Czy w grze z serii Duke Nukem może zabraknąć Duke'a?
To kto będzie żuł gumę i kopał tyłki kosmitów?
16.04.2014 | aktual.: 05.01.2016 15:39
Pytanie z pozoru dziwne. Skoro imię bohatera pojawia się w tytule, to jak wyglądałaby gra bez jego udziału? Problem w tym, że Książe jest obecnie częścią sporu o prawa własności pomiędzy Gearbox, a Interceptor Entertainment. Wszystko zaczęło się, gdy druga z firm odpaliła nawiązującą do bogatego zbioru cytatów Duke'a stronę alloutofgum.com, która zdawała się zapowiadać jego powrót. Żadna gra oficjalnie nie została zapowiedziana, aczkolwiek plotkowano o Duke Nukem: Mass Destruction, które miałoby trafić na PC i PS4.

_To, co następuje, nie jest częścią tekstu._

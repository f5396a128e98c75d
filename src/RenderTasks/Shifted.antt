-- ===== src/RenderTasks/Shifted.antt =====
-- `assign_to_passes` of webrender/src/render_task.rs after other passes: these stay, and the rest is as if
-- they were not there.
use webrender.Prelude.{
  ℕ, zero, suc, ◌+◌, ◌≡◌, refl, ap, ◌∙◌, List, [], ◌∷◌, ◌++◌, some, true, false, Run, done,
  >>=-eq-done, index_at, index_at-eq-done, length, length-append, set, get_elem?,
  get_elem?-append_right, set-append_right, Bool-cases, inl, inr, arith, ◌==◌,
}
use mathlib.Core.List.{append_assoc}
use webrender.TextureAllocator.{DeviceIntSize}
use webrender.RenderTasks.{
  RenderTaskTree, RenderPass, new_off_screen, add_render_task, get_dynamic_size, for_each,
  ensure_pass, unless_empty, assign_to_passes,
}

module _ {T : Type 0} (pre : List (RenderPass T)) where
  ensure_pass-shift :
      (screen_size : DeviceIntSize) (i j : ℕ) (ps : List (RenderPass T))
      → j ≡ length pre + i
      → ensure_pass screen_size j (pre ++ ps) ≡ pre ++ ensure_pass screen_size i ps
  ensure_pass-shift screen_size i j ps h = elim (Bool-cases (length ps == i)) [
    | inl e ↦
        let e' : (length (pre ++ ps) == j) ≡ true = ground (arith, length-append pre ps, h, e) in
        rw (e, e') (append_assoc pre ps (new_off_screen screen_size ∷ []))
    | inr e ↦
        let e' : (length (pre ++ ps) == j) ≡ false = ground (arith, length-append pre ps, h, e) in
        rw (e, e') refl
  ]

  -- Two steps of which the second does to the passes after `pre` what the first does to them alone.
  abbrev Shifts :
      (List (RenderPass T) → Run (List (RenderPass T)))
      → (List (RenderPass T) → Run (List (RenderPass T)))
      → Type 0
  Shifts f g =
      (ps after : List (RenderPass T)) → f ps ≡ done after → g (pre ++ ps) ≡ done (pre ++ after)

  for_each-shift :
      (f g : ℕ → List (RenderPass T) → Run (List (RenderPass T)))
      → ((id : ℕ) → Shifts (f id) (g id))
      → (ids : List ℕ) → Shifts (for_each f ids) (for_each g ids)
  unfolding for_each
  for_each-shift f g step [] ps after h =
      let same : ps ≡ after = cc in ap (λ l. done (pre ++ l)) same
  for_each-shift f g step (id ∷ ids) ps after h =
      let (ps', first, later) = >>=-eq-done (f id ps) _ h in
      rw (step id ps ps' first) (for_each-shift f g step ids ps' after later)

  unless_empty-shift :
      (ids : List ℕ) (ps : List (RenderPass T)) (r s : Run (List (RenderPass T)))
      {after : List (RenderPass T)}
      → ((l : List (RenderPass T)) → r ≡ done l → s ≡ done (pre ++ l))
      → unless_empty ids (done ps) r ≡ done after
      → unless_empty ids (done (pre ++ ps)) s ≡ done (pre ++ after)
  unless_empty-shift [] ps r s {after} f h =
      let same : ps ≡ after = cc in ap (λ l. done (pre ++ l)) same
  unless_empty-shift (id ∷ ids) ps r s {after} f h = f after h

  pub assign_to_passes-shift :
      (fuel : ℕ) (tree : RenderTaskTree) (screen_size : DeviceIntSize) (i j id : ℕ)
      → j ≡ length pre + i
      → (ps after : List (RenderPass T))
      → assign_to_passes fuel tree id i screen_size ps ≡ done after
      → assign_to_passes fuel tree id j screen_size (pre ++ ps) ≡ done (pre ++ after)
  unfolding assign_to_passes
  assign_to_passes-shift zero tree screen_size i j id eq ps after h = cc
  assign_to_passes-shift (suc n) tree screen_size i j id eq ps after h =
      let (task, found, more) = >>=-eq-done (index_at tree.tasks id) _ h in
      let at_id = index_at-eq-done tree.tasks id found in
      let (ps', assigned, more2) = >>=-eq-done (unless_empty task.children (done ps) _) _ more in
      let (pass, got, last) = >>=-eq-done (index_at ps' i) _ more2 in
      let pass' =
        add_render_task pass id (get_dynamic_size task.location) task.target_kind task.location in
      let at_j : get_elem? (pre ++ ps') j ≡ some pass =
        get_elem?-append_right pre ps' i j eq ∙ index_at-eq-done ps' i got in
      let children =
        unless_empty-shift task.children ps _
          (for_each (λ child. assign_to_passes n tree child (suc j) screen_size) task.children
            (ensure_pass screen_size (suc j) (pre ++ ps)))
          (λ l r. rw (ensure_pass-shift screen_size (suc i) (suc j) ps (omega (arith, eq))) (
            for_each-shift _ _
              (λ child.
                assign_to_passes-shift n tree screen_size (suc i) (suc j) child (omega (arith, eq)))
              task.children (ensure_pass screen_size (suc i) ps) l r))
          assigned in
      let is : set ps' i pass' ≡ after = cc in
      rw (at_id, children, at_j)
        (ap done (set-append_right pre ps' i j pass' eq ∙ ap (λ l. pre ++ l) is))
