-- ===== src/Render/Validate/SoundRoutes.antt =====
-- What holds of the routes that have no issue.
use edge_caddy.Prelude.{ℕ, ◌+◌, true, false, String, List, [], ◌∷◌, ◌≡◌, has, All}
use edge_caddy.Render.Go.{Go}
use edge_caddy.Render.Resources.{Route}
use edge_caddy.Render.Validate.{
  is_cidr_or_ip, is_upstream, address_issues, route_issues, routes_issues, domains_of,
}
use edge_caddy.Render.Validate.Fresh.{Fresh, append-[], require-[], is_false, and_true}

module _ (go : Go) where
  abbrev pub IsSoundRoute : Route → Type 0
  IsSoundRoute r =
      (go.is_domain r.domain ≡ true)
      × (is_upstream go r.upstream ≡ true)
      × All (λ e. is_cidr_or_ip go e ≡ true) r.whitelist

  address_issues-All :
      (key field : String) (i : ℕ) (es : List String)
      → address_issues go key field i es ≡ []
      → All (λ e. is_cidr_or_ip go e ≡ true) es
  unfolding address_issues
  address_issues-All key field i [] clean = tt
  address_issues-All key field i (e ∷ es) clean =
      let both = append-[] _ _ clean in
      (require-[] _ _ _ both.0, address_issues-All key field (i + 1) es both.1)

  route_issues-[] :
      (seen : List String) (r : Route)
      → route_issues go seen r ≡ []
      → (has r.domain seen ≡ false) × IsSoundRoute r
  unfolding route_issues
  route_issues-[] seen r clean =
      let first = append-[] _ _ clean in
      let second = append-[] _ _ first.1 in
      let third = append-[] _ _ second.1 in
      let fourth = append-[] _ _ third.1 in
      let domain = and_true _ _ (and_true _ _ (require-[] _ _ _ first.0)).1 in
      (
        is_false _ domain.1,
        (domain.0, require-[] _ _ _ second.0, address_issues-All _ _ 0 r.whitelist fourth.1),
      )

  pub routes_issues-[] :
      (seen : List String) (rs : List Route)
      → routes_issues go seen rs ≡ []
      → Fresh seen (domains_of go rs) × All IsSoundRoute rs
  unfolding routes_issues
  routes_issues-[] seen [] clean = (tt, tt)
  routes_issues-[] seen (r ∷ rs) clean =
      let both = append-[] _ _ clean in
      let one = route_issues-[] seen r both.0 in
      let rest = routes_issues-[] (r.domain ∷ seen) rs both.1 in ((one.0, rest.0), (one.1, rest.1))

Teraz Interceptor odpalił kolejną witrynę, tym razem pod adresem nogumneeded.com. Eurogamer sugeruje, że nazwa strony oznacza, że w nowej grze nie zobaczymy Duke'a. Taka interpretacja idzie chyba zbyt daleko, ale kto wie. Może autor artykułu wie więcej, niż może teraz napisać. W komunikacie wysłanym do Eurogamera, szef Interceptor Entertainment potwierdza, że strona faktycznie jest przygotowaniem pod zapowiedź nowej gry, ale po raz kolejny zaznacza, że jego firma nigdy oficjalnie nie zapowiedziała nic związanego z Księciem. Dodaje też, że choć konflikt dotyczący sporu o prawa do marki trwa, jego zdaniem te należą do Interceptora i firma zamierza o nie walczyć.
Szczegóły nowej gry mamy ponoć poznać za mniej niż 30 dni. Póki co wiadomo tylko, że nic tak naprawdę nie wiadomo. Dla nas to nieciekawa sytuacja, ale wydawcy regularne podsycanie szumu w mediach jest pewnie na rękę. Ciekawe, jakie będziemy mieć miny, gdy wszystko stanie się jasne.